Christian Ibeagha

Personal information
- Full name: Christian Ogochukwu Ibeagha
- Date of birth: January 10, 1990 (age 36)
- Place of birth: Port Harcourt, Nigeria
- Height: 1.87 m (6 ft 2 in)
- Position: Defender

Youth career
- 2006–2007: IMG Soccer Academy

College career
- Years: Team / Apps / (Gls)
- 2007–2010: Duke Blue Devils

Senior career*
- Years: Team / Apps / (Gls)
- 2008: Bradenton Academics / 12 / (1)
- 2009: Cary Clarets / 13 / (1)
- 2011–2012: Carolina Dynamo / 9 / (1)
- 2012: Puerto Rico Islanders / 6 / (0)
- 2013–2015: Bohemians 1905 / 0 / (0)
- 2015: → FC Suðuroy (loan) / 24 / (1)
- 2016: Colorado Springs Switchbacks / 29 / (0)
- 2017: North Carolina FC / 28 / (2)
- 2018–2020: Oklahoma City Energy / 72 / (3)

International career^{‡}
- 2006: United States U17 / 1 / (0)

= Christian Ibeagha =

Nigerian-born American soccer player

Christian Ogochukwu Ibeagha (born January 10, 1990) is a Nigerian-born American soccer player.

==Career==
===Youth, college and amateur===
Ibeagha attended Deer Creek High School in Edmond, Oklahoma and spent his entire college career at Duke University. Prior to Duke, he was a Two-time NSCAA Youth All-America selection and a member of the U.S. soccer residency program in 2006 and 2007.

In his freshman year, Ibeagha was named to the All-ACC Freshman team after making 16 appearances for Duke in 2007. In 2008, he made 20 appearances and recorded an assist. He was also ranked fourth in the team in minutes played with 1,513. In his junior year, Ibeagha was named to the NSCAA All-South Region third team after making 20 appearances and finishing with a goal and an assist. In his senior season, Ibeagha started the first five games of the season before suffering a season-ending injury.

During his time in College, Ibeagha also played in the USL Premier Development League, spending the 2008 season with Bradenton Academics and the 2009 season with Cary Clarets. He also spent two seasons with Carolina Dynamo after failing to sign with a professional club.

===Professional===
On July 26, 2012, Ibeagha signed his first professional contract, joining NASL club Puerto Rico Islanders. About a week later, Ibeagha made his professional debut in a 2–1 victory over San Antonio Scorpions FC.
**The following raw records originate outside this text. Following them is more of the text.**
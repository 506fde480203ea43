-- ===== src/Prelude/Bits.antt =====
-- `|` and `& ~` of words, digit by digit.
use Prim.Native.Nat.{ℕ, zero, suc, ◌+◌, ◌*◌, ◌/◌, ◌%◌, ◌^◌, ◌<◌}
use mathlib.Core.Path.{◌≡◌, refl, sym, ap, ◌∙◌}
use mathlib.Core.Bool.{Bool, true, false, not, ◌&&◌, ◌||◌}
use native.Mathlib.Omega.{arith}
use fos_fcis_operating_syste.Prelude.Tests.{◌==◌, if◌then◌else◌}

-- The digit with a given value.
abbrev pub digit : Bool → ℕ
digit b = if b then 1 else 0

-- Bit `j` of `a`, and `a >> j`.
unfoldable pub bit : ℕ → ℕ → Bool
bit zero a = a % 2 == 1
bit (suc j) a = bit j (a / 2)

unfoldable pub high : ℕ → ℕ → ℕ
high zero a = a
high (suc j) a = high j (a / 2)

-- `a | b` and `a & ~b` of numbers of `n` bits.
unfoldable pub or_digits : ℕ → ℕ → ℕ → ℕ
or_digits zero a b = 0
or_digits (suc n) a b = or_digits n (a / 2) (b / 2) * 2 + digit ((a % 2 == 1) || (b % 2 == 1))

unfoldable pub clear_digits : ℕ → ℕ → ℕ → ℕ
clear_digits zero a b = 0
clear_digits (suc n) a b =
    clear_digits n (a / 2) (b / 2) * 2 + digit ((a % 2 == 1) && not (b % 2 == 1))

double_half : (x : ℕ) (d : Bool) → (x * 2 + digit d) / 2 ≡ x
double_half x d = ground arith

double_digit : (x : ℕ) (d : Bool) → ((x * 2 + digit d) % 2 == 1) ≡ d
double_digit x true = ground arith
double_digit x false = ground arith

pub bit-or_digits : (j n a b : ℕ) → j < n → bit j (or_digits n a b) ≡ (bit j a || bit j b)
unfolding bit or_digits
bit-or_digits j zero a b h = elim h [ ]
bit-or_digits zero (suc n) a b h = double_digit _ _
bit-or_digits (suc j) (suc n) a b h =
    ap (bit j) (double_half _ _) ∙ bit-or_digits j n (a / 2) (b / 2) (omega arith)

pub bit-clear_digits :
    (j n a b : ℕ) → j < n → bit j (clear_digits n a b) ≡ (bit j a && not (bit j b))
unfolding bit clear_digits
bit-clear_digits j zero a b h = elim h [ ]
bit-clear_digits zero (suc n) a b h = double_digit _ _
bit-clear_digits (suc j) (suc n) a b h =
    ap (bit j) (double_half _ _) ∙ bit-clear_digits j n (a / 2) (b / 2) (omega arith)

pow_suc : (n : ℕ) → 2 ^ suc n ≡ 2 ^ n * 2
pow_suc n = omega arith

or_digits-zero : (n a b : ℕ) → b ≡ 0 → a < 2 ^ n → or_digits n a b ≡ a
unfolding or_digits
or_digits-zero zero a b e h = omega arith
or_digits-zero (suc n) a b e h =
    let ih = or_digits-zero n (a / 2) (b / 2) (omega arith) (omega (arith, pow_suc n)) in
    ground (arith, ih)

clear_digits-zero : (n a b : ℕ) → b ≡ 0 → a < 2 ^ n → clear_digits n a b ≡ a
unfolding clear_digits
clear_digits-zero zero a b e h = omega arith
clear_digits-zero (suc n) a b e h =
    let ih = clear_digits-zero n (a / 2) (b / 2) (omega arith) (omega (arith, pow_suc n)) in
    ground (arith, ih)

-- `k + n` with the digits of `k` counted off.
abbrev pub count_on : ℕ → ℕ → ℕ
count_on zero n = n
count_on (suc k) n = suc (count_on k n)

high-or_digits :
    (k n a b : ℕ) → high k (or_digits (count_on k n) a b) ≡ or_digits n (high k a) (high k b)
unfolding high or_digits
high-or_digits zero n a b = refl
high-or_digits (suc k) n a b = ap (high k) (double_half _ _) ∙ high-or_digits k n (a / 2) (b / 2)

high-clear_digits :
    (k n a b : ℕ) → high k (clear_digits (count_on k n) a b) ≡ clear_digits n (high k a) (high k b)
unfolding high clear_digits
high-clear_digits zero n a b = refl
high-clear_digits (suc k) n a b =
    ap (high k) (double_half _ _) ∙ high-clear_digits k n (a / 2) (b / 2)

high_twelve : (a : ℕ) → high 12 a ≡ a / 4096
unfolding high
high_twelve a = omega arith

-- `|` and `& ~` of 32-bit words.
unfoldable pub or32 : ℕ → ℕ → ℕ
or32 a b = or_digits 32 a b

unfoldable pub clear32 : ℕ → ℕ → ℕ
clear32 a b = clear_digits 32 a b

-- The low 12 bits of an entry are its permissions; the others are a frame number, which a change of
-- permissions keeps.
pub frame-or32 : (a b : ℕ) → a < 2 ^ 32 → b < 4096 → or32 a b / 4096 ≡ a / 4096
unfolding or32
frame-or32 a b h k =
    sym (high_twelve (or_digits 32 a b))
    ∙ high-or_digits 12 20 a b
    ∙ or_digits-zero 20 (high 12 a) (high 12 b) (omega (arith, high_twelve b))
        (omega (arith, high_twelve a))
    ∙ high_twelve a

pub frame-clear32 : (a b : ℕ) → a < 2 ^ 32 → b < 4096 → clear32 a b / 4096 ≡ a / 4096
unfolding clear32
frame-clear32 a b h k =
    sym (high_twelve (clear_digits 32 a b))
    ∙ high-clear_digits 12 20 a b
    ∙ clear_digits-zero 20 (high 12 a) (high 12 b) (omega (arith, high_twelve b))
        (omega (arith, high_twelve a))
    ∙ high_twelve a

or_digits-lt : (n a b : ℕ) → or_digits n a b < 2 ^ n
unfolding or_digits
or_digits-lt zero a b = omega arith
or_digits-lt (suc n) a b = let ih = or_digits-lt n (a / 2) (b / 2) in ground (arith, ih, pow_suc n)

pub or32-lt : (a b : ℕ) → or32 a b < 2 ^ 32
unfolding or32
or32-lt a b = or_digits-lt 32 a b

clear_digits-lt : (n a b : ℕ) → clear_digits n a b < 2 ^ n
unfolding clear_digits
clear_digits-lt zero a b = omega arith
clear_digits-lt (suc n) a b =
    let ih = clear_digits-lt n (a / 2) (b / 2) in ground (arith, ih, pow_suc n)

pub clear32-lt : (a b : ℕ) → clear32 a b < 2 ^ 32
unfolding clear32
clear32-lt a b = clear_digits-lt 32 a b

pub bit-or32 : (j a b : ℕ) → j < 32 → bit j (or32 a b) ≡ (bit j a || bit j b)
unfolding or32
bit-or32 j a b h = bit-or_digits j 32 a b h

pub bit-clear32 : (j a b : ℕ) → j < 32 → bit j (clear32 a b) ≡ (bit j a && not (bit j b))
unfolding clear32
bit-clear32 j a b h = bit-clear_digits j 32 a b h

double : ℕ → ℕ → ℕ
double zero x = x
double (suc k) x = double k x * 2

or_digits-double :
    (k n x b : ℕ)
    → x < 2 ^ n
    → high k b ≡ 0
    → or_digits (count_on k n) (double k x) b ≡ double k x + b
unfolding or_digits double high
or_digits-double zero n x b h e = omega (arith, or_digits-zero n x b e h)
or_digits-double (suc k) n x b h e =
    let half : double k x * 2 / 2 ≡ double k x = omega arith in
    let ih = or_digits-double k n x (b / 2) h e in
    let even : (double k x * 2 % 2 == 1) ≡ false = ground arith in
    rw (half, even) (ground (arith, ih))

double_twelve : (x : ℕ) → double 12 x ≡ x * 4096
unfolding double
double_twelve x = omega arith

-- An entry is made of a frame number and permissions.
pub or32-entry : (f b : ℕ) → f < 2 ^ 20 → b < 4096 → or32 (f * 4096) b ≡ f * 4096 + b
unfolding or32
or32-entry f b h k =
    rw (← double_twelve f) (or_digits-double 12 20 f b h (omega (arith, high_twelve b)))

pub or32-lt_page : (a b : ℕ) → a < 4096 → b < 4096 → or32 a b < 4096
or32-lt_page a b h k = omega (arith, frame-or32 a b (omega arith) k)

pub clear32-lt_page : (a b : ℕ) → a < 4096 → b < 4096 → clear32 a b < 4096
clear32-lt_page a b h k = omega (arith, frame-clear32 a b (omega arith) k)

-- The bits of an address within a page.
pub bit-page : (j x : ℕ) → j < 12 → bit j (x % 4096) ≡ bit j x
unfolding bit
bit-page zero x h = ap (λ b. b == 1) (omega arith)
bit-page (suc zero) x h = ap (λ b. b == 1) (omega arith)
bit-page (suc (suc zero)) x h = ap (λ b. b == 1) (omega arith)
bit-page (suc (suc (suc zero))) x h = ap (λ b. b == 1) (omega arith)
bit-page (suc (suc (suc (suc zero)))) x h = ap (λ b. b == 1) (omega arith)
bit-page (suc (suc (suc (suc (suc zero))))) x h = ap (λ b. b == 1) (omega arith)
bit-page (suc (suc (suc (suc (suc (suc zero)))))) x h = ap (λ b. b == 1) (omega arith)
bit-page (suc (suc (suc (suc (suc (suc (suc zero))))))) x h = ap (λ b. b == 1) (omega arith)
bit-page (suc (suc (suc (suc (suc (suc (suc (suc zero)))))))) x h = ap (λ b. b == 1) (omega arith)
bit-page (suc (suc (suc (suc (suc (suc (suc (suc (suc zero))))))))) x h =
    ap (λ b. b == 1) (omega arith)
bit-page (suc (suc (suc (suc (suc (suc (suc (suc (suc (suc zero)))))))))) x h =
    ap (λ b. b == 1) (omega arith)
bit-page (suc (suc (suc (suc (suc (suc (suc (suc (suc (suc (suc zero))))))))))) x h =
    ap (λ b. b == 1) (omega arith)
bit-page (suc (suc (suc (suc (suc (suc (suc (suc (suc (suc (suc (suc j)))))))))))) x h =
    absurd (omega arith)

pub bit_zero : (j : ℕ) → bit j 0 ≡ false
unfolding bit
bit_zero zero = refl
bit_zero (suc j) = bit_zero j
Ibeagha signed with Bohemians 1905 in the Czech Republic in October 2013.

In February 2015 he signed with the Faroese club FC Suðuroy on loan. After his release from Bohemians, Ibeagha joined United Soccer League side Colorado Springs Switchbacks.

On March 3, 2017, Ibeagha signed with NASL side North Carolina FC.

On January 15, 2018, Ibeagha signed with USL side Oklahoma City Energy.

==Personal==
Christian's brother, Sebastien Ibeagha, currently plays for Los Angeles FC.